2回目のロープは際どいけど、それ以外はその通りだと思う。

 

「さて、今の話を聞いて貰った上でだ」

 

タイキが用意されていた様々な形の剣を、同じく用意されていた様々な形のホルダーやロープを使って、いつも着ているコートに装着していく。最後に小さめのハルバードを両手に1本ずつ持って構える。

 

「一度だけ見せてやる。何度も歴史の流れを変えてきた流星剣を」

 

「いやいや、歴史を変えてきたって」

 

「流星剣、暗殺術で王族を殺しまくって王朝を2、3滅ぼしてるから。粛清で十数回滅ぼされかけてるけど。撃剣も有名な使い手は暗殺者」

 

「えっ、なんでそんなの習得してるんですか」

 

「なんか代々受け継いでる。家系図を追いかけても何処で入ってきたのか不明」

 

なにそれこわ。

 

「さて、やるか、やらないか」

 

タイキの問いに剣を構えるセレナ大尉。勝負は一瞬で着いた。気合いを入れて踏み込んだセレナ大尉が転んだのだ。顔面から。何が起こったのか分からなかったが、よく見ればセレナ大尉の足が不自然に閉じられている。

 

「流星剣、その真髄は剣ではなく、剣を操るヒモを自在に動かすことにある。
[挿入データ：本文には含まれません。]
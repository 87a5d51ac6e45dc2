-- ===== src/Tests/Texts.antt =====
-- Tests of InetAddress, Timestamp and Logger: one address that inet_ntop knows.
use network_library_baseon_c.Base.{
  ℕ, ◌%◌, ◌≤◌, ◌≡◌, refl, ap, subst, Bool, true, false, List, [], ◌∷◌, ◌++◌, Option, none, some,
  arith, ok, length, ltb, if◌then◌else◌,
}
use network_library_baseon_c.Sys.{SockAddr}
use network_library_baseon_c.Text.{decimal}
use network_library_baseon_c.InetAddress.{
  Inet, InetLaw, new_inet_address, to_ip, to_port, to_ip_port,
}
use network_library_baseon_c.InetAddress.RoundTrip.{to_ip_port-Bounded, new_inet_address_round_trip}
use network_library_baseon_c.Timestamp.{Timestamp, Tm, to_string}
use network_library_baseon_c.Timestamp.Format.{IsTm, written, to_string_whole}
use network_library_baseon_c.TcpServer.ByName.{same_text, same_text-eq, same_text_refl}
use network_library_baseon_c.Logger.{Logger, info, error, fatal}
use network_library_baseon_c.Logger.Lines.{Call, run_calls, lines, run_calls_lem}

-- "1.2.3.4"
abbrev pub dotted : List ℕ
dotted = 49 ∷ 46 ∷ 50 ∷ 46 ∷ 51 ∷ 46 ∷ 52 ∷ []

abbrev pub inet : Inet
inet = record {
  htons = λ port. port;
  ntohs = λ port. port % 65536;
  inet_addr = λ ip. 1;
  inet_ntop = λ addr size. if ltb 15 size then some dotted else none;
  is_address = λ ip. same_text ip dotted;
}

text_in : Option (List ℕ) → List ℕ
text_in none = []
text_in (some text) = text

short_text :
    (room : Bool) (ip : List ℕ) → (if room then some dotted else none) ≡ some ip → length ip ≤ 15
unfolding text_in
short_text true ip e = subst (λ t. length t ≤ 15) (ap text_in e) (omega arith)
short_text false ip e = cc

pub inet-InetLaw : InetLaw inet
inet-InetLaw = record {
  ntohs_htons = λ port small. omega arith;
  ntohs_small = λ port. omega arith;
  ntop_addr = λ ip size is large. ground (arith, same_text-eq ip dotted is);
  ntop_short = λ addr size ip e. short_text (ltb 15 size) ip e;
}

abbrev address : SockAddr
address = new_inet_address inet 8000 dotted

to_ip_port-Bounded_example :
    (text : List ℕ) × (to_ip_port inet address ≡ ok text)
    × (length text ≤ 21)
    × (text ≡ to_ip inet address ++ (58 ∷ decimal (to_port inet address)))
to_ip_port-Bounded_example = to_ip_port-Bounded inet inet-InetLaw address

new_inet_address_round_trip_example :
    (to_port inet (new_inet_address inet 8000 dotted) ≡ 8000)
    × (to_ip inet (new_inet_address inet 8000 dotted) ≡ dotted)
    × (to_ip_port inet (new_inet_address inet 8000 dotted) ≡ ok (dotted ++ (58 ∷ decimal 8000)))
new_inet_address_round_trip_example =
    new_inet_address_round_trip inet inet-InetLaw 8000 dotted (omega arith) (same_text_refl dotted)

abbrev noon : Tm
noon = record { tm_year = 123; tm_mon = 4; tm_mday = 9; tm_hour = 12; tm_min = 0; tm_sec = 7 }

abbrev at_noon : Timestamp
at_noon = record { micro_seconds_since_epoch = 1683633607 }

noon-IsTm : IsTm noon
noon-IsTm = record {
  year = omega arith;
  month = omega arith;
  day = omega arith;
  hour = omega arith;
  minute = omega arith;
  second = omega arith;
}

to_string_whole_example : to_string (λ t. noon) at_noon ≡ written 2023 5 9 12 0 7
to_string_whole_example = to_string_whole (λ t. noon) at_noon noon refl noon-IsTm

abbrev calls : List Call
calls =
    record { level = info; time = 49 ∷ []; msg = 97 ∷ [] }
    ∷ record { level = fatal; time = 50 ∷ []; msg = 98 ∷ [] }
    ∷ record { level = error; time = 51 ∷ []; msg = 99 ∷ [] }
    ∷ []

abbrev logger : Logger
logger = record { log_level = 3; printed = []; exited = false }

run_calls_lem_example : (run_calls false calls logger).printed ≡ lines false calls
run_calls_lem_example = run_calls_lem false calls logger refl
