-- ===== src/Tests/Starting.antt =====
-- A test of the start of a server on a loop 1, with epoll fd 4 and wakeup fd 5; its threads get loops
-- from address 2 and wakeup channels from address 100 on.
use network_library_baseon_c.Base.{
  ℕ, ◌+◌, ◌≡◌, refl, sym, ap, subst, true, false, List, [], ◌∷◌, none, arith, ◌>>=◌, lookup, ◌==◌,
}
use network_library_baseon_c.EventLoop.{is_in_loop_thread}
use network_library_baseon_c.Poller.{Poller}
use network_library_baseon_c.TcpServer.{Net}
use network_library_baseon_c.TcpServer.Lifetime.{start, new_tcp_server, set_server_thread_num}
use network_library_baseon_c.TcpServer.Starting.{start_loop}
use network_library_baseon_c.TcpServer.Opened.{OpenOr, new_tcp_server-Open}
use network_library_baseon_c.EchoServer.Program.{Addresses, set_up}
use network_library_baseon_c.EchoServer.Program.Opening.{SetUpOr, set_up-SetUp}
use network_library_baseon_c.Tests.Toy.{
  toy, count_of, toy-EpollCtlLaw, toy-CreateLaw, toy-SocketLaw, toy_open, toy-FdLaw, quiet,
}
use network_library_baseon_c.Tests.Servers.{net, user, address}
use network_library_baseon_c.Tests.Texts.{inet, inet-InetLaw}

abbrev poller : Poller
poller = record { epollfd = 4; channels = (5, 30) ∷ []; event_list_size = 16 }

abbrev base : Net toy (List ℕ)
base = record (net 1) { loop = record ((net 1).loop) { poller = poller } }

not_known : (fd : ℕ) → (fd ≡ 6) → lookup fd poller.channels ≡ none
unfolding lookup
not_known fd e = subst (λ f. lookup f poller.channels ≡ none) (sym e) refl

near : is_in_loop_thread toy 1 base ≡ true
unfolding is_in_loop_thread
near = refl

wakeup_apart : (i : ℕ) → (100 + i == 70) ≡ false
wakeup_apart i = ground arith

new_tcp_server-Open_example : OpenOr toy 3 70 1 base (
    new_tcp_server toy inet 1 address (115 ∷ []) false 70 base >>= λ r1.
    start toy user
      (start_loop toy (λ i. 2 + i) (λ i. 100 + i) (λ i. 2 + i))
      none
      1
      (set_server_thread_num toy 3 r1))
unfolding count_of
new_tcp_server-Open_example =
    new_tcp_server-Open toy toy-EpollCtlLaw toy-CreateLaw toy-SocketLaw toy_open toy-FdLaw user
      (λ i. 2 + i) (λ i. 100 + i) (λ i. 2 + i) 1 70 wakeup_apart (λ i. omega arith) inet
      inet-InetLaw 0 3 address (115 ∷ []) false base (λ fd e. not_known fd (ap count_of (sym e)))
      refl near refl

-- The echo server as a program.
abbrev addresses : Addresses
addresses = record {
  loop = 1;
  wakeup_at = 30;
  acceptor = 70;
  text = 60;
  loop_of = λ i. 2 + i;
  wakeup_of = λ i. 100 + i;
  thread_of = λ i. 2 + i;
}

set_up-SetUp_example :
    SetUpOr toy addresses inet 1 quiet
      (net 1).channels
      (net 1).app
      (set_up toy addresses false inet 1 quiet (net 1).channels (net 1).app)
set_up-SetUp_example =
    set_up-SetUp toy addresses inet 1 toy-EpollCtlLaw toy-CreateLaw toy-SocketLaw inet-InetLaw
      toy_open toy-FdLaw wakeup_apart (λ i. omega arith) 0 quiet (net 1).channels (net 1).app refl
      refl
名前が既に相手を惑わす武器なんだよ」

 

両手を分かりやすく振るうと僅かにだが糸が見える。ようやく顔を手で覆い隠すということは足だけでなく腕も封じられた結果、顔面から床に倒れる結果になったと。あれだけ思いっきり気合いを入れて、手のひらで転がされれば恥ずか死ぬわね。剣を大量に身に付けたのも全部囮なんだものね。しかも家族にまで見られている。立ち上がれるかしら?